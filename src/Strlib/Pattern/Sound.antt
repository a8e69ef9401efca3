-- ===== src/Strlib/Pattern/Sound.antt =====
-- lstrlib.cpp: the function match and the cases of its switch.
use cpplua.Prelude.{
  ℕ, zero, suc, ◌+◌, ◌-◌, ◌≤◌, ◌<◌, ◌≡◌, ◌≢◌, refl, Bool, true, false, List, length, Option, none,
  some, ◌==◌, if◌then◌else◌, arith,
}
use cpplua.Prelude.Ctype.{isdigit}
use cpplua.Prelude.Outcome.{pure}
use cpplua.Prelude.Post.{Ends, Reads, Ends-bind, Ends-read, Ends-if, Ends-pure, Ends-raise}
use cpplua.Strlib.Pattern.{unfinished, position, MatchState, char_at}
use cpplua.Strlib.Pattern.Match.{match_item, frontier, match_escape, match_step, match}
use cpplua.Strlib.Pattern.Captures.{Fits, Attempt, Tried, Tries, Fits-mono, Kept-self, Kept-Fits}
use cpplua.Strlib.Pattern.Reads.{
  char_at-Ends, char_at-Reads, classend-Advances, matchbracketclass-Answers,
}
use cpplua.Strlib.Pattern.Backtrack.{
  Tries-mono, Tries-after, start_capture-Tries, end_capture-Tries,
}
use cpplua.Strlib.Pattern.Items.{
  Lands, Attempts, retry-Tries, matchbalance-Jumps, accepts-Below, max_expand-Tries,
  min_expand-Tries, match_capture-Jumps,
}

module _ (src pat : List ℕ) (m : Attempt) (p : ℕ)
    (tries : (q : ℕ) → p < q → q ≤ length pat → Attempts src m 0 q) (s : ℕ) (ms : MatchState)
    (inside : s ≤ length src) (f : Fits s ms) where
  -- the attempt at a position that was found without a change of state
  onward :
      (q : ℕ) (r : Option ℕ)
      → p < q
      → q ≤ length pat
      → Lands src pat ms s r
      → Tries src s ms (elim r [ none ↦ pure none | some e ↦ m e q ])
  onward q none h k l = Ends-pure Kept-self
  onward q (some e) h k (a, b) = Tries-mono src a (tries q h k e ms (omega arith) b (Fits-mono f a))

  match_item-Tries : p < length pat → Tries src s ms (match_item src pat m s p)
  unfolding match_item
  match_item-Tries h = Ends-read (classend-Advances pat ms p h) (λ ep adv.
      Ends-read (accepts-Below src pat ms p ep h adv.1 s) (λ once below.
        char_at-Ends pat ep adv.1 (λ c more.
          Ends-if (c == b'?')
            (λ e.
              let rest = tries (ep + 1) (omega arith) (ground (arith, more)) in
              let skip = rest s ms (omega arith) inside f in
              Ends-if once
                (λ o.
                  Ends-bind
                    (Tries-mono src (omega arith) (
                      rest (s + 1) ms (omega arith) (omega (arith, below o))
                        (Fits-mono f (omega arith))))
                    (λ r u. retry-Tries src s ms (m s (ep + 1)) r u (λ k.
                      Tries-after src (omega arith) k
                        (rest s u (omega arith) inside (Kept-Fits k f)))))
                (λ _. skip))
            (λ _.
              Ends-if (c == b'*')
                (λ e.
                  max_expand-Tries src pat m p ep h adv.1 0
                    (tries (ep + 1) (omega arith) (ground (arith, more))) s ms (omega arith) inside
                    f)
                (λ _.
                  Ends-if (c == b'+')
                    (λ e.
                      Ends-if once
                        (λ o. Tries-mono src (omega arith) (
                          max_expand-Tries src pat m p ep h adv.1 0
                            (tries (ep + 1) (omega arith) (ground (arith, more))) (s + 1) ms
                            (omega arith) (omega (arith, below o)) (Fits-mono f (omega arith))))
                        (λ _. Ends-pure Kept-self))
                    (λ _.
                      Ends-if (c == b'-')
                        (λ e.
                          min_expand-Tries src pat m p ep h adv.1 0
                            (tries (ep + 1) (omega arith) (ground (arith, more))) (length src + 1) s
                            ms (omega arith) inside (omega arith) f)
                        (λ _.
                          Ends-if once
                            (λ o. Tries-mono src (omega arith) (
                              tries ep adv.0 adv.1 (s + 1) ms (omega arith) (omega (arith, below o))
                                (Fits-mono f (omega arith))))
                            (λ _. Ends-pure Kept-self))))))))

  frontier-Tries : (b : ℕ) → p ≤ b → b ≤ length pat → Tries src s ms (frontier src pat m s b)
  unfolding frontier
  frontier-Tries b lo h = char_at-Ends pat b h (λ c more.
      Ends-if (c == b'[')
        (λ e.
          let here : b < length pat = ground (arith, more) in
          Ends-read (classend-Advances pat ms b here) (λ ep adv.
            Ends-read previous-Reads (λ before _.
              Ends-read (matchbracketclass-Answers pat ms before b (ep - 1) here (omega arith))
                (λ no _.
                  Ends-if no (λ _. Ends-pure Kept-self)
                    (λ _. char_at-Ends src s inside (λ x _.
                      Ends-read (matchbracketclass-Answers pat ms x b (ep - 1) here (omega arith))
                        (λ answer _.
                          Ends-if answer
                            (λ _. tries ep (omega arith) adv.1 s ms (omega arith) inside f)
                            (λ _. Ends-pure Kept-self))))))))
        (λ _. Ends-raise))
    where
      previous-Reads :
          Ends (Reads (λ _. Unit {0}) ms) (if s == 0 then pure 0 else char_at src (s - 1)) ms
      previous-Reads =
          Ends-if (s == 0) (λ _. Ends-pure (tt, refl))
            (λ _. char_at-Reads src (s - 1) (omega arith))

  match_escape-Tries : p < length pat → Tries src s ms (match_escape src pat m s p)
  unfolding match_escape
  match_escape-Tries h = char_at-Ends pat (p + 1) (omega arith) (λ d more.
      Ends-if (d == b'b')
        (λ e.
          Ends-read (matchbalance-Jumps src pat ms s (p + 2) inside (ground (arith, more)))
            (λ r (l, k). onward (p + 4) r (omega arith) (omega arith) l))
        (λ _.
          Ends-if (d == b'f') (λ e. frontier-Tries (p + 2) (omega arith) (ground (arith, more)))
            (λ _.
              Ends-if (isdigit d)
                (λ digit.
                  Ends-read (match_capture-Jumps src pat ms s d inside f)
                    (λ r l. onward (p + 2) r (omega arith) (isdigit-room digit more) l))
                (λ _. match_item-Tries h))))
    where
      isdigit-room : {d : ℕ} → isdigit d ≡ true → (d ≢ 0 → p + 1 < length pat) → p + 2 ≤ length pat
      isdigit-room h k = ground (arith, k)

  match_step-Tries : p ≤ length pat → Tries src s ms (match_step src pat m s p)
  unfolding match_step
  match_step-Tries h = char_at-Ends pat p h (λ c more.
      Ends-if (c == b'(')
        (λ e. char_at-Ends pat (p + 1) (ground (arith, more)) (λ d more'.
          Ends-if (d == b')')
            (λ e'.
              start_capture-Tries src m s (p + 2)
                (λ t g.
                  tries (p + 2) (omega arith) (ground (arith, more')) s t (omega arith) inside g)
                position ms refl f)
            (λ _.
              start_capture-Tries src m s (p + 1)
                (λ t g.
                  tries (p + 1) (omega arith) (ground (arith, more)) s t (omega arith) inside g)
                unfinished ms refl f)))
        (λ _.
          Ends-if (c == b')')
            (λ e.
              end_capture-Tries src m s (p + 1)
                (λ t g.
                  tries (p + 1) (omega arith) (ground (arith, more)) s t (omega arith) inside g)
                ms f)
            (λ _.
              Ends-if (c == b'%') (λ e. match_escape-Tries (ground (arith, more)))
                (λ _.
                  Ends-if (c == 0) (λ _. Ends-pure (omega arith, inside, f))
                    (λ z.
                      Ends-if (c == b'$')
                        (λ e. char_at-Ends pat (p + 1) (ground (arith, more)) (λ d _.
                          Ends-if (d == 0) (λ _. Ends-pure (at_end (s == length src)))
                            (λ _. match_item-Tries (ground (arith, more)))))
                        (λ _. match_item-Tries (ground (arith, more))))))))
    where
      at_end : (b : Bool) → Tried src s ms (if b then some s else none) ms
      at_end true = (omega arith, inside, f)
      at_end false = Kept-self

-- Every recursive call stands further on in the pattern, so its length bounds the fuel. From a position
-- of the subject and captures before it, the matcher returns or raises an error. It reads neither
-- string out of bounds; a match ends between `s` and the end of the subject, with captures in between;
-- a failure leaves the level and the captures below it as they were.
pub match-Tries :
    (src pat : List ℕ) (fuel s p : ℕ) (ms : MatchState)
    → length pat < p + fuel
    → s ≤ length src
    → p ≤ length pat
    → Fits s ms
    → Tries src s ms (match src pat fuel s p)
unfolding match
match-Tries src pat zero s p ms room h k f = absurd (omega arith)
match-Tries src pat (suc fuel) s p ms room h k f =
    match_step-Tries src pat (match src pat fuel) p
      (λ q lo hi u t _ inside g. match-Tries src pat fuel u q t (omega arith) inside hi g) s ms h f
      k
====================
→ **Task**
Search the records for the word "MatchState", then list every line that has it.

→ **Result**
use cpplua.Strlib.Pattern.{unfinished, position, MatchState, char_at}
    (tries : (q : ℕ) → p < q → q ≤ length pat → Attempts src m 0 q) (s : ℕ) (ms : MatchState)
    (src pat : List ℕ) (fuel s p : ℕ) (ms : MatchState)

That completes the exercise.